Lo aconsejan bien, y, muchas veces, lo convencen, —320→ la tierra que se cultiva, las haciendas, que se refinan. No cede siempre al primer tirón; se enfurruña y se va; pero siempre lo alcanza el progreso y le toca la espalda. Se da vuelta, mira: el desierto en que vagaba se ha vuelto chacras; lo que, más allá, había creído otro desierto más inaccesible, está invadido; los años vienen, trayendo consigo el sosiego y los deseos de vivir tranquilo; y se entrega. ¿Qué más iría a hacer? Los alambrados cubren, con las mallas de su red inextricable, toda la llanura; la inmensidad ha quedado destrozada por los caminos y las tranqueras; las haciendas, casi mansas, no necesitan lazo; se cuidan solas, en pequeños potreros, y las vacas son todas tamberas.
Los montes se multiplican, y hasta el mismo Pampero se siente domado, vencido. En canales hondos y numerosos, ora corre apurada el agua que, antes, se estancaba, durante meses, en los cañadones anegados, ora se desparrama obediente, detenida por la mano, del hombre que, por fin, corrigió la Naturaleza, en los campos amenazados por la sequía.
Los pajonales y los juncales, guarida del matrero y de las fieras, han desaparecido, dejando que, en su sitio, la alfalfa, esa maravilla, extienda su preciosa alfombra verde, salpicada —321→ de novillos, inagotable reserva de las carnicerías europeas.
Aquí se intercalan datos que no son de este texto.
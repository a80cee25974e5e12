-- ===== src/Controller/Server.antt =====
-- internal/controller/serenedb_controller.go: `Reconcile` and `reconcileResources`. The status, the
-- updates of owned objects and the password Secret have modules of their own.
pub mod Laws
pub mod Status
pub mod Mutate
pub mod Secrets
use serenedb_operator.Prelude.{String, Bool, Option, none, some, not, if◌then◌else◌, ◌==◌, ◌<>◌}
use serenedb_operator.Errors.{
  Err, Result, ok, err, wrapped, precondition, Blocked, is_not_found, quoted,
}
use serenedb_operator.Api.Meta.{NamespacedName, ObjectMeta}
use serenedb_operator.Api.Core.{ConfigMap, Service, StatefulSet, NetworkPolicy}
use serenedb_operator.Api.SereneDb.{SereneDb}
use serenedb_operator.Resources.Config.{config_map, config_hash}
use serenedb_operator.Resources.Service.{service, headless_service}
use serenedb_operator.Resources.StatefulSet.{stateful_set}
use serenedb_operator.Resources.NetworkPolicy.{network_policy}
use serenedb_operator.Controller.Kube.{
  Env, Library, Call, get_object, create_or_update, delete, patch_status, serenedb,
  network_policy as policy_object, a_serenedb, a_config_map, a_service, a_stateful_set,
  a_network_policy, a_secret,
}
use serenedb_operator.Controller.Op.{
  Op, Outcome, done, stopped, failed, panicked, pure, fail, panic, perform, ask, capture, wrapping,
  CtrlResult, no_requeue, ignore_not_found, ◌>>=◌, ◌>>◌,
}
use serenedb_operator.Controller.Session.{blocked}
use serenedb_operator.Controller.Finalize.{missing_dependency_requeue}
use serenedb_operator.Prelude.{is_some}
use Status.{describe, as_blocked}
use Mutate.{mutate_config_map, mutate_service, mutate_stateful_set, mutate_network_policy}
use Secrets.{reconcile_secret}

abbrev pub reason_tls_secret_missing : String
reason_tls_secret_missing = "TLSSecretMissing"

abbrev pub reason_tls_secret_required : String
reason_tls_secret_required = "TLSSecretNameRequired"

abbrev pub key_of : ObjectMeta → NamespacedName
key_of m = record { namespace = m.namespace; name = m.name }

-- `if err != nil { return fmt.Errorf("text: %w", err) }`
abbrev pub ok_or : {A : Type 0} → String → Result A → Op A
ok_or s (ok a) = pure a
ok_or s (err e) = fail (wrapped s e)

abbrev pub ok_or_raw : {A : Type 0} → Result A → Op A
ok_or_raw (ok a) = pure a
ok_or_raw (err e) = fail e

module _ (env : Env) where
  abbrev tls_found : {A : Type 0} → SereneDb → Result A → Op (Unit {0})
  tls_found db (ok s) = pure tt
  tls_found db (err e) =
      if is_not_found e
      then fail (
          precondition (
            blocked reason_tls_secret_missing
              ("tls secret " <> quoted db.spec.tls.secret_name <> " not found")))
      else fail (wrapped "get tls secret" e)

  unfoldable pub check_tls_secret : SereneDb → Op (Unit {0})
  check_tls_secret db =
      if not db.spec.tls.enabled
      then pure tt
      else if db.spec.tls.secret_name == ""
      then fail (
          precondition (
            blocked reason_tls_secret_required
              "tls.secretName is required when tls.enabled is true"))
      else do
        let key : NamespacedName = record {
          namespace = db.metadata.namespace;
          name = db.spec.tls.secret_name;
        }
        got ← perform (get_object a_secret key) (λ h. env.get_secret h key)
        tls_found db got

  unfoldable pub reconcile_config_map : SereneDb → Op String
  reconcile_config_map db = do
    let desired = config_map db
    let key = key_of desired.metadata
    got ←
        perform (create_or_update a_config_map key)
          (λ h. env.apply_config_map h key (mutate_config_map env.lib db desired))
    ok_or "reconcile configmap" got
    pure (config_hash env.lib.sha256_hex desired)

  unfoldable pub apply_service : SereneDb → Service → Op Service
  apply_service db desired = do
    let key = key_of desired.metadata
    got ←
        perform (create_or_update a_service key)
          (λ h. env.apply_service h key (mutate_service env.lib db desired))
    ok_or_raw got

  unfoldable pub reconcile_services : SereneDb → Op (Unit {0})
  reconcile_services db = do
    wrapping "reconcile service" (apply_service db (service db))
    wrapping "reconcile headless service" (apply_service db (headless_service db))
    pure tt

  unfoldable pub reconcile_stateful_set : SereneDb → String → Op StatefulSet
  reconcile_stateful_set db hash = do
    let desired = stateful_set db hash
    let key = key_of desired.metadata
    got ←
        perform (create_or_update a_stateful_set key)
          (λ h. env.apply_stateful_set h key (mutate_stateful_set env.lib db desired))
    ok_or "reconcile statefulset" got

  abbrev policy_deleted : Result (Unit {0}) → Op (Unit {0})
  policy_deleted (ok u) = pure tt
  policy_deleted (err e) =
      if is_not_found e then pure tt else fail (wrapped "delete networkpolicy" e)

  abbrev policy_found : SereneDb → Result NetworkPolicy → Op (Unit {0})
  policy_found db (err e) = if is_not_found e then pure tt else fail (wrapped "get networkpolicy" e)
  policy_found db (ok existing) =
      if not (env.lib.is_controlled_by existing.metadata db.metadata)
      then pure tt
      else do answer ← ask env (delete (policy_object existing)); policy_deleted answer

  unfoldable pub delete_owned_network_policy : SereneDb → NetworkPolicy → Op (Unit {0})
  delete_owned_network_policy db desired = do
    let key = key_of desired.metadata
    got ← perform (get_object a_network_policy key) (λ h. env.get_network_policy h key)
    policy_found db got

  unfoldable pub reconcile_network_policy : SereneDb → Op (Unit {0})
  reconcile_network_policy db =
      let desired = network_policy db in
      let key = key_of desired.metadata in
      if not db.spec.network_policy.enabled then delete_owned_network_policy db desired else do
        got ←
            perform (create_or_update a_network_policy key)
              (λ h. env.apply_network_policy h key (mutate_network_policy env.lib db desired))
        ok_or "reconcile networkpolicy" got
        pure tt

  unfoldable pub reconcile_resources : SereneDb → Op StatefulSet
  reconcile_resources db = do
    reconcile_secret env db
    check_tls_secret db
    hash ← reconcile_config_map db
    reconcile_services db
    sts ← reconcile_stateful_set db hash
    reconcile_network_policy db
    pure sts

  -- The end of `Reconcile`: a precondition asks for a requeue, any other error is returned.
  unfoldable pub conclude : Result StatefulSet → Op CtrlResult
  conclude (ok sts) = pure no_requeue
  conclude (err e) = elim (as_blocked e) [
    | some b ↦ pure missing_dependency_requeue
    | none ↦ fail e
  ]

  -- The status is written, and then the outcome of the resources is returned.
  unfoldable pub report : SereneDb → Result StatefulSet → Op CtrlResult
  report db applied = do
    answer ← ask env (patch_status (serenedb db) (serenedb (describe env.lib db applied)))
    ok_or "update status" answer
    conclude applied

  unfoldable pub after_resources : SereneDb → Outcome StatefulSet → Op CtrlResult
  after_resources db (done sts) = report db (ok sts)
  after_resources db (failed e) = report db (err e)
  after_resources db (stopped b) = report db (err (precondition b))
  after_resources db panicked = panic

  -- `Reconcile` behind the read of the object.
  unfoldable pub reconcile_object : SereneDb → Op CtrlResult
  reconcile_object db =
      if is_some db.metadata.deletion_timestamp
      then pure no_requeue
      else do applied ← capture (reconcile_resources db); after_resources db applied

  abbrev pub after_get : Result SereneDb → Op CtrlResult
  after_get (ok db) = reconcile_object db
  after_get (err e) = ignore_not_found e

  unfoldable pub reconcile : NamespacedName → Op CtrlResult
  reconcile request = do
    got ← perform (get_object a_serenedb request) (λ h. env.get_serenedb h request)
    after_get got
El jinete que, en su largo viaje, en vez de ir cruzando campo, tiene que dar vuelta, con su tropilla, para no pisar trigales, ha dejado, a la fuerza, de ser gaucho errante.
Seducido por el arado, atará en él su pingo, tirando el poncho que estorba, el mate que hace perder tiempo; sin, por esto, dejar de ser buen domador y de lidiar con astucia, fuerza y paciencia, con los animales mañeros.
Sus huascas, cortadas en cuero comprados con cuchillo de cerrar, que ya no quiere ser arma, no, por esto, serán trabajadas con menos primor. El alcohol y el juego tendrán poco atractivo para este gaucho de nueva laya, capaz de leer con fruición el libro civilizador que enseña a cultivar bien la tierra y a cuidar con esmero las haciendas, o el que recrea y alumbra el espíritu, mientras descansa el cuerpo.
Perderá, con la cultura, algo de esta resignación burlona que siempre le permitió, a pesar de su coraje natural, sobrellevar sin rebelión violenta, casi sin quejarse, los peores males y las mayores penurias; pero conservará, de su genio nativo, la espiritual ironía que, aguzada por la instrucción y ayudada por el buen sentido, podrá, más que la fuerza, contribuir a —322→ reformar las leyes opresoras y a derribar a los que de ellas abusan.
Cuando haya, para él, tantas escuelas como de pulperías ha habido para sus antepasados, pronto se verá que el gauchaje sólo ha sido turba, mientras no se ha tratado de hacerlo gente, y saltará a la vista que la ignorancia en la cual lo han mantenido, era como el agua que se echa en las orejas del bagual, para poderlo jinetear.
¡Qué inmensa fuerza moral y física ha desperdiciado el país, al dejar sacrificado, tanto tiempo, ese elemento fundamental y valioso de la raza! Y sino, que lo digan los que, salidos de esta multitud, por alguna circunstancia feliz, han sabido ocupar su sitio en la sociedad.
Ahí, es cierto, sale, a veces, a relucir el voraceo, hijo casi legítimo de las privaciones pasadas, con su tendencia a abusar de toda ventaja lograda, haciendo del poder, el gaucho mal pulido que a él llega, y según el escalón a que ha podido treparse, una tiranía grande o pequeña que, para castigar al contrario o favorecer al amigo, no vacila en prostituir a la justicia, en pisotear las leyes económicas, en comprometer el interés público, en conculcar las libertades más sagradas.
Pero siempre han sido, son y serán pasajeros —323→ estos males, pues no faltan, ni jamás dejará de haber hombres de buena voluntad que, por sus nobles esfuerzos, traten de hacer de la Pampa el emporio de producción y de vida fácil y dichosa, que la destinó a ser la Naturaleza.